I magistrati stanno cercando di capire anche per quale motivo si decise di impegnare le energie per riscrivere da zero un nuovo piano anti-covid. All’epoca l’ex ministro della salute Speranza spiegò che il piano pandemico presente nostro Paese non era, in ogni caso, adeguato alla situazione. “Secondo i nostri tecnici quel piano pandemico antinfluenzale non era sufficiente – ha concluso il ministro – e quindi è stato messo in campo un piano Covid adeguato a una fattispecie nuova che era emersa. Il Covid non è una semplice influenza”.

I RITARDI E LE MANCANZE: MASCHERINE, GUANTI E PROTOCOLLI

Gli atti della Procura ripercorrono le manchevolezze di politici e amministratori chiamati a gestire, è utile sottolinearlo, un evento che si credeva confinato nei libri di storia. Tra le mancanze viene annoverata la mancata attuazione di protocolli per monitorare i viaggiatori in arrivo dalle zone a rischio con voli indiretti, e la mancanza di censimento e di approvvigionamento di mascherine, in particolare per il personale sanitario, inoltre non sarebbe stata creata “una riserva nazionale di antivirali, Dpi, vaccini antibiotici, kit diagnostici e altri supporti tecnici per un rapido impiego nella prima fase emergenziale” e, contestualmente, non sarebbero state definite le modalità di rifornimento “nelle fasi immediatamente successive”. Tale verifica fu effettuata solamente il 4 febbraio. A ciò i magistrati aggiungono che solo il 24 febbraio vennero censiti i reparti di malattie infettive e il numero di ventilatori polmonari. Questi ritardi, secondo i pm, permisero al virus di circolare in maniera incontrollata in tutto il nord del Paese. A doversi difendere da queste accuse sono l’allora capo della Protezione Civile Angelo Borrelli e Claudio D’Amario, ex direttore generale della Prevenzione al ministero della Salute nel 2020, e attualmente responsabile del Dipartimento sanità della Regione Abruzzo

LA REPLICA DI BRUSAFERRO

Al presidente dell’Istituto Superiore di Sanità Silvio Brusaferro viene contestata la mancata attuazione del Piano pandemico “prospettando azioni alternative, così impedendo l’adozione tempestiva delle misure in esso previste”. Tale responsabilità è respinta dagli uffici dell’Istituto superiore di sanità, che hanno diramato una nota in difesa del presidente. “Non è nei suoi poteri adottare piani pandemici o dar seguito alla loro esecuzionesi legge –. La linea seguita dall’Istituto durante tutto il periodo della pandemia e sin dagli inizi è stata improntata alla massima precauzione e al massimo rigore scientifico e la cautela è stata la cifra che ne ha caratterizzato gli indirizzi”.
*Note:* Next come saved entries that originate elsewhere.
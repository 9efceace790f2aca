-- ===== src/Runtime/Tasks.antt =====
-- app/runtime/tasks.py: the running tasks of each trace, and their cancellation. A task is a number;
-- the state also holds which tasks are done, and the calls of `task.cancel` that were scheduled.
pub mod Steps
pub mod Gone
use bu_iam.Prelude.{
  ℕ, ◌+◌, String, Bool, true, false, not, ◌||◌, Option, none, some, List, [], ◌∷◌, ◌==◌, same_code,
  length, if◌then◌else◌,
}

pub record Entry : Type 0 where
  pub trace_id : String
  pub tasks : List ℕ

pub record Reason : Type 0 where
  pub trace_id : String
  pub reason : String

pub record Asked : Type 0 where
  pub task : ℕ
  pub reason : String

pub record Tasks : Type 0 where
  pub running : List Entry
  pub reasons : List Reason
  pub done : List ℕ
  pub asked : List Asked

abbrev pub no_tasks : Tasks
no_tasks = record { running = []; reasons = []; done = []; asked = [] }

unfoldable pub mem : ℕ → List ℕ → Bool
mem x [] = false
mem x (y ∷ ys) = same_code y x || mem x ys

-- set.add, set.discard
unfoldable pub add : ℕ → List ℕ → List ℕ
unfolding mem
add x xs = if mem x xs then xs else x ∷ xs

unfoldable pub discard : ℕ → List ℕ → List ℕ
discard x [] = []
discard x (y ∷ ys) = let rest = discard x ys in if same_code y x then rest else y ∷ rest

-- the running tasks of a trace; a missing key has none
unfoldable pub tasks_of : String → List Entry → List ℕ
tasks_of t [] = []
tasks_of t (e ∷ es) = if e.trace_id == t then e.tasks else tasks_of t es

unfoldable pub put_tasks : String → List ℕ → List Entry → List Entry
put_tasks t xs [] = record { trace_id = t; tasks = xs } ∷ []
put_tasks t xs (e ∷ es) =
    if e.trace_id == t then record { trace_id = t; tasks = xs } ∷ es else e ∷ put_tasks t xs es

-- dict.pop(trace_id, None)
unfoldable pub pop_tasks : String → List Entry → List Entry
pop_tasks t [] = []
pop_tasks t (e ∷ es) = let rest = pop_tasks t es in if e.trace_id == t then rest else e ∷ rest

unfoldable pub find_reason : String → List Reason → Option String
find_reason t [] = none
find_reason t (r ∷ rs) = if r.trace_id == t then some r.reason else find_reason t rs

unfoldable pub put_reason : String → String → List Reason → List Reason
put_reason t reason [] = record { trace_id = t; reason = reason } ∷ []
put_reason t reason (r ∷ rs) =
    if r.trace_id == t
    then record { trace_id = t; reason = reason } ∷ rs
    else r ∷ put_reason t reason rs

unfoldable pub cancel_reason : String → Tasks → Option String
unfolding find_reason
cancel_reason t s = find_reason t s.reasons

-- task.done()
unfoldable pub is_done : ℕ → Tasks → Bool
unfolding mem
is_done x s = mem x s.done

-- call_soon_threadsafe(task.cancel, reason), unless the task is done
unfoldable pub ask_unless_done : List ℕ → ℕ → String → List Asked → List Asked
unfolding mem
ask_unless_done done x reason asked =
    if mem x done then asked else record { task = x; reason = reason } ∷ asked

abbrev pub ask_for : List ℕ → ℕ → Option String → List Asked → List Asked
ask_for done x none asked = asked
ask_for done x (some reason) asked = ask_unless_done done x reason asked

unfoldable pub register_task : String → ℕ → Tasks → Tasks
unfolding add tasks_of put_tasks ask_unless_done find_reason
register_task t x s = record s {
  running = put_tasks t (add x (tasks_of t s.running)) s.running;
  asked = ask_for s.done x (find_reason t s.reasons) s.asked;
}

-- An entry whose last task goes is popped.
unfoldable pub put_or_pop : String → List ℕ → List Entry → List Entry
unfolding put_tasks pop_tasks
put_or_pop t [] es = pop_tasks t es
put_or_pop t (x ∷ xs) es = put_tasks t (x ∷ xs) es

unfoldable pub has_entry : String → List Entry → Bool
has_entry t [] = false
has_entry t (e ∷ es) = if e.trace_id == t then true else has_entry t es

unfoldable pub unregister_task : String → ℕ → Tasks → Tasks
unfolding has_entry discard tasks_of put_or_pop
unregister_task t x s =
    if has_entry t s.running
    then record s { running = put_or_pop t (discard x (tasks_of t s.running)) s.running }
    else s

unfoldable pub ask_all : List ℕ → List ℕ → String → List Asked → List Asked
unfolding ask_unless_done
ask_all done [] reason asked = asked
ask_all done (x ∷ xs) reason asked = ask_all done xs reason (ask_unless_done done x reason asked)

-- The number of tasks that it asks, beside the new state.
unfoldable pub count_undone : List ℕ → List ℕ → ℕ
unfolding mem
count_undone done [] = 0
count_undone done (x ∷ xs) =
    let rest = count_undone done xs in if mem x done then rest else 1 + rest

unfoldable pub cancel_trace : String → String → Tasks → ℕ × Tasks
unfolding put_reason tasks_of ask_all count_undone
cancel_trace t reason s = (
  count_undone s.done (tasks_of t s.running),
  record s {
    reasons = put_reason t reason s.reasons;
    asked = ask_all s.done (tasks_of t s.running) reason s.asked;
  },
)

unfoldable pub cancel_traces : List String → String → Tasks → ℕ × Tasks
unfolding cancel_trace
cancel_traces [] reason s = (0, s)
cancel_traces (t ∷ ts) reason s =
    let first = cancel_trace t reason s in
    let rest = cancel_traces ts reason first.1 in (first.0 + rest.0, rest.1)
CHI AVREBBE DOVUTO AGGIORNARE IL PIANO PANDEMICO

Tra il 2014 e il 2017 Ranieri Guerra è stato direttore generale per la prevenzione presso il ministero della salute, proprio negli anni in cui l’Italia avrebbe dovuto aggiornare il suo piano pandemico, fermo, invece, al 2006. Inoltre Guerra è stato l’inviato in Italia dell’Oms e consulente del primo Comitato Tecnico Scientifico creato dal ministro Speranza. Il rapporto dell’Oms che aveva valutato la reazione del sistema italiano alla pandemia partiva proprio dal “vecchio piano pandemico, che è stato solo ‘riconfermato’ e non aggiornato nel 2017 – come disse Zambon al Guardian -. Il team ha controllato a fondo questo aspetto e ha scoperto che tutti i piani successivi al 2006 erano stati semplicemente copiati e incollati, senza che una parola o una virgola fosse cambiata nel testo”.